Adjust normal: adjExplainNormal Traceback (most recent call last): File "/home/bredward/miniconda3/envs/circfull.new/bin/circfull", line 8, in sys.exit(main()) File "/home/bredward/miniconda3/envs/circfull.new/lib/python3.9/site-packages/circfull/circFL_main.py", line 43, in main cRG.cRG(docopt(cRG.doc, version=version)) File "/home/bredward/miniconda3/envs/circfull.new/lib/python3.9/site-packages/circfull/cRG.py", line 65, in cRG RG(options) File "/home/bredward/miniconda3/envs/circfull.new/lib/python3.9/site-packages/circfull/RG.py", line 87, in RG adjExplainNormal(genome,RG_outPrefix,thread) File "/home/bredward/miniconda3/envs/circfull.new/lib/python3.9/site-packages/circfull/RG_adjExplainNormal.py", line 44, in adjExplainNormal FLdf=pd.read_csv(outPrefix+"explainFL_Normal.txt",sep='\t') File "/home/bredward/miniconda3/envs/circfull.new/lib/python3.9/site-packages/pandas/util/_decorators.py", line 311, in wrapper return func(*args, kwargs) File "/home/bredward/miniconda3/envs/circfull.new/lib/python3.9/site-packages/pandas/io/parsers/readers.py", line 680, in read_csv return _read(filepath_or_buffer, kwds) File "/home/bredward/miniconda3/envs/circfull.new/lib/python3.9/site-packages/pandas/io/parsers/readers.py", line 575, in _read parser = TextFileReader(filepath_or_buffer, kwds) File "/home/bredward/miniconda3/envs/circfull.new/lib/python3.9/site-packages/pandas/io/parsers/readers.py", line 933, in init self._engine = self._make_engine(f, self.engine) File "/home/bredward/miniconda3/envs/circfull.new/lib/python3.9/site-packages/pandas/io/parsers/readers.py", line 1217, in _make_engine self.handles = get_handle( # type: ignore[call-overload] File "/home/bredward/miniconda3/envs/circfull.new/lib/python3.9/site-packages/pandas/io/common.py", line 789, in get_handle handle = open( FileNotFoundError: [Errno 2] No such file or directory: 'split.1_2/cRG/RG/explainFL_Normal.txt'

It seems to be looking for the 'explainFL_Normal.txt' file in the RG folder, which I do have in my RG run output directory, but the path is not pointing to this folder -- it is pointing to the cRG directory.
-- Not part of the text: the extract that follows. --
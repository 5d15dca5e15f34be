-- ===== src/Egress/Laws.antt =====
-- What the egress guard lets through.
pub mod Permitted
pub mod Pinned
So far I have stored the output of both RG and DNSC in the same directory, and from what I understood, I would use this same directory for the cRG input & output...is that correct? For reference, here is the line I am running:

circfull cRG -t $thread -g ../ref_genome_files/Lotusjaponicus_Gifu_v1.2_genome.fa -a ../ref_genome_files/sort.gtf.gz -f split.1_2 -o split.1_2

And here is the structure of my output directory after running cRG and getting this error:

split.1_2 ├── DNSC │   ├── TideHunter.tab │   ├── TideHunter_Pass.tab │   ├── novoCluster.txt │   ├── novoseq.fa │   ├── raw2raw.paf │   ├── raw2raw.sort.paf │   ├── rawseq.fa │   ├── test_1.fa │   └── tmp ├── RG │   ├── BS_Normal.txt │   ├── BS_Normal_adj.txt │   ├── ExonEdict.npy │   ├── ExonEdict_fsj.npy │   ├── ExonSdict.npy │   ├── ExonSdict_fsj.npy │   ├── circFL_Normal.bed │   ├── circFL_Normal.txt │   ├── circSeq.fa │   ├── circSeq.th │   ├── constructFL_Normal.txt │   ├── constructFL_Normal_adj.txt │   ├── explainFL.txt │   ├── explainFL_ID2Type.txt │   ├── explainFL_Normal.txt │   ├── explainFL_Normal_adj.txt │   ├── explainFL_noprimary.txt │   ├── fusion │   │   └── tmp │   ├── result_Normal.txt │   ├── strandDict.npy │   ├── strandDict_fsj.npy │   ├── test.minimap2.sam │   └── tmp └── cRG ├── RG │   ├── explainFL.txt │   ├── explainFL_ID2Type.txt │   ├── explainFL_noprimary.txt │   ├── fusion │   │   └── tmp │   ├── test.minimap2.sam │   └── tmp └── pseudo.fq

Any help/thoughts on this would be GREATLY appreciated!

colinliuzelin commented 2 years ago

Hi! I have some thoughts but not sure. I suggest you type this command

cut -f 1 split.1_2/cRG/RG/explainFL_ID2Type.txt |sort |uniq -c

to check whether there are some normal reads to be selected. If you do not see any 'N' type, means the cRG don't get any results. Normally, this error wouldn't happend except you dataset is very small. Please let me know your findings.